The starting point was developing a sound and shared theory of change – setting out, with clarity and on a basis of evidence, how and why COSPPac's interventions are expected to lead to improved climate and ocean information services and, ultimately, to Pacific communities and governments that are better able to manage climate risks. This involved diagnostic work to understand what previous phase M&E frameworks had done well and where they had fallen short. A consistent finding was that outcome-level data – particularly on the utility of climate and ocean services to users – had not been adequately collected in earlier phases, limiting the program's ability to assess its own effectiveness or support meaningful learning for improvement.

The Phase 3 framework responds directly to these findings. Relative to earlier phases, it places greater emphasis on collecting core outcome-level information needed to answer effectiveness-related evaluation questions – including whether NMS services are genuinely useful and useable to the stakeholders they are designed to serve.
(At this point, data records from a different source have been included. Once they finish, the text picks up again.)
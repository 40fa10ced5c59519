-- ===== src/Pii.antt =====
-- internal/pii: finding personal data in a text and replacing it by placeholders. A text is its
-- bytes.
pub mod Patterns
pub mod Detector
pub mod Chain
pub mod Claims
pub mod Scanning
pub mod Detections
pub mod Composed
pub mod Luhn
mod Examples
pub mod Redactor
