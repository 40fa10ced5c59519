-- ===== src/Pii/Chain.antt =====
-- Detections in order (internal/pii).
use nexixai_agentos.Prelude.{ℕ, ◌≤◌, ◌<◌, List, [], ◌∷◌, All, length, arith}
use nexixai_agentos.Pii.Patterns.{Bytes}
use nexixai_agentos.Pii.Detector.{Detection}

-- A detection of at least one byte, inside the text.
abbrev pub IsInside : Bytes → Detection → Type 0
IsInside text d = (d.start < d.end) × (d.end ≤ length text)

-- Detections in order that do not overlap, from `pos` on.
abbrev pub IsChain : ℕ → List Detection → Type 0
IsChain pos [] = Unit
IsChain pos (d ∷ ds) = (pos ≤ d.start) × (d.start < d.end) × IsChain d.end ds

-- In a chain every detection starts at `pos` or later.
pub IsChain-All :
    (pos : ℕ) (ds : List Detection) → IsChain pos ds → All (λ (d : Detection). pos ≤ d.start) ds
IsChain-All pos [] h = tt
IsChain-All pos (d ∷ ds) h = (h.0, weaken ds (IsChain-All d.end ds h.2))
  where
    weaken :
        (es : List Detection)
        → All (λ (e : Detection). d.end ≤ e.start) es
        → All (λ (e : Detection). pos ≤ e.start) es
    weaken [] k = tt
    weaken (e ∷ es) k = (omega arith, weaken es k.1)
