-- ===== src/Pii/Claims.antt =====
-- The claimed bytes while Scan runs (internal/pii/detector.go).
use nexixai_agentos.Prelude.{string_key}
use nexixai_agentos.Prelude.{
  ℕ, zero, suc, ◌+◌, ◌-◌, ◌≤◌, ◌<◌, ◌≡◌, true, false, ◌&&◌, ◌⊎◌, List, [], ◌∷◌, ◌++◌, ltb, leb, inl,
  inr, Bool-cases, arith, length, All, Any, All-append, Any-append, Any-append_last,
}
use nexixai_agentos.Pii.Patterns.{Bytes}
use nexixai_agentos.Pii.Detector.{Detection, Claimed, overlaps, claim, Scanned}
use nexixai_agentos.Pii.Chain.{IsInside}

-- What the regular expressions give: matches of at least one byte, inside the text.
abbrev pub IsMatch : Bytes → ℕ × ℕ → Type 0
IsMatch text m = (m.0 < m.1) × (m.1 ≤ length text)

abbrev pub Covers : ℕ → Detection → Type 0
Covers i d = (d.start ≤ i) × (i < d.end)

abbrev pub Disjoint : Detection → Detection → Type 0
Disjoint d e = (d.end ≤ e.start) ⊎ (e.end ≤ d.start)

abbrev pub Pairwise : List Detection → Type 0
Pairwise [] = Unit
Pairwise (d ∷ ds) = All (Disjoint d) ds × Pairwise ds

-- Exactly the bytes of the results are claimed.
abbrev pub ClaimedBy : Claimed → Detection → Type 0
ClaimedBy claimed d = (i : ℕ) → d.start ≤ i → i < d.end → claimed i ≡ true

pub record Inv (text : Bytes) (s : Scanned) : Type 0 where
  pub inside : All (IsInside text) s.1
  pub apart : Pairwise s.1
  pub claims : All (ClaimedBy s.0) s.1
  pub covered : (i : ℕ) → s.0 i ≡ true → Any (Covers i) s.1

overlaps-false :
    (claimed : Claimed) (start n i : ℕ)
    → overlaps claimed start n ≡ false
    → start ≤ i
    → i < start + n
    → claimed i ≡ false
overlaps-false claimed start zero i h a b = absurd (omega arith)
overlaps-false claimed start (suc n) i h a b = elim (Bool-cases (leb i start)) [
  | inl e ↦ let same : i ≡ start = ground arith in rw same (ground arith)
  | inr e ↦ overlaps-false claimed (start + 1) n i (ground arith) (ground arith) (omega arith)
]

pub overlaps-true :
    (claimed : Claimed) (start n : ℕ)
    → overlaps claimed start n ≡ true
    → (i : ℕ) × (start ≤ i) × (i < start + n) × (claimed i ≡ true)
overlaps-true claimed start zero h = cc
overlaps-true claimed start (suc n) h = elim (Bool-cases (claimed start)) [
  | inl e ↦ (start, omega arith, omega arith, e)
  | inr e ↦
      let (i, a, b, c) = overlaps-true claimed (start + 1) n (ground arith) in
      (i, omega arith, omega arith, c)
]

-- A detection over bytes that are not claimed is disjoint from every other.
Disjoint-of_free :
    (claimed : Claimed) (d e : Detection)
    → d.start < d.end
    → ClaimedBy claimed d
    → e.start < e.end
    → overlaps claimed e.start (e.end - e.start) ≡ false
    → Disjoint d e
Disjoint-of_free claimed d e dn c en free = elim (Bool-cases (leb d.end e.start)) [
  | inl h ↦ inl (ground arith)
  | inr h ↦ elim (Bool-cases (leb e.end d.start)) [
    | inl k ↦ inr (ground arith)
    | inr k ↦ elim (Bool-cases (leb e.start d.start)) [
      | inl l ↦
          let f =
            overlaps-false claimed e.start (e.end - e.start) d.start free (ground arith)
              (ground arith) in
          let t = c d.start (omega arith) dn in cc
      | inr l ↦
          let f =
            overlaps-false claimed e.start (e.end - e.start) e.start free (omega arith)
              (omega arith) in
          let t = c e.start (ground arith) (ground arith) in cc
    ]
  ]
]

All-Disjoint :
    (claimed : Claimed) (ds : List Detection) (text : Bytes) (e : Detection)
    → All (IsInside text) ds
    → All (ClaimedBy claimed) ds
    → e.start < e.end
    → overlaps claimed e.start (e.end - e.start) ≡ false
    → All (λ d. Disjoint d e) ds
All-Disjoint claimed [] text e h c n f = tt
All-Disjoint claimed (d ∷ ds) text e h c n f =
    (Disjoint-of_free claimed d e h.0.0 c.0 n f, All-Disjoint claimed ds text e h.1 c.1 n f)

Pairwise-append :
    (ds : List Detection) (e : Detection)
    → All (λ d. Disjoint d e) ds
    → Pairwise ds
    → Pairwise (ds ++ e ∷ [])
Pairwise-append [] e h p = (tt, tt)
Pairwise-append (d ∷ ds) e h p =
    (All-append (Disjoint d) ds (e ∷ []) p.0 (h.0, tt), Pairwise-append ds e h.1 p.1)

ClaimedBy-claim :
    (claimed : Claimed) (start end : ℕ) (ds : List Detection)
    → All (ClaimedBy claimed) ds
    → All (ClaimedBy (claim claimed start end)) ds
ClaimedBy-claim claimed start end [] h = tt
ClaimedBy-claim claimed start end (d ∷ ds) h =
    (λ i a b. let c = h.0 i a b in ground arith, ClaimedBy-claim claimed start end ds h.1)

-- Taking a free match keeps the invariant.
pub accept-Inv :
    (text : Bytes) (claimed : Claimed) (ds : List Detection) (e : Detection)
    → Inv text (claimed, ds)
    → IsInside text e
    → overlaps claimed e.start (e.end - e.start) ≡ false
    → Inv text (claim claimed e.start e.end, ds ++ e ∷ [])
accept-Inv text claimed ds e inv h free = record {
  inside = All-append (IsInside text) ds (e ∷ []) inv.inside (h, tt);
  apart =
      Pairwise-append ds e (All-Disjoint claimed ds text e inv.inside inv.claims h.0 free)
        inv.apart;
  claims =
      All-append (ClaimedBy (claim claimed e.start e.end)) ds (e ∷ [])
        (ClaimedBy-claim claimed e.start e.end ds inv.claims) ((λ i a b. ground arith), tt);
  covered = λ i c. elim (Bool-cases (leb e.start i && ltb i e.end)) [
    | inl b ↦ Any-append_last (Covers i) ds e (ground arith)
    | inr b ↦ Any-append (Covers i) ds (e ∷ []) (inv.covered i (ground arith))
  ];
}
A key strategy for achieving this is building M&E capacity within NMSs themselves: supporting meteorological officers to develop data collection instruments and procedures, and to implement service-specific M&E frameworks at the country level. This approach serves a dual purpose – strengthening the COSPPac-wide evidence base while also building an enduring capability within NMSs to monitor and improve their own services over time.

The framework also introduces more clearly defined standards for progress assessment, a structured schedule of periodic evaluations differentiated by scope across the implementation period, and provision for a dedicated M&E adviser within the program's management unit to support full implementation.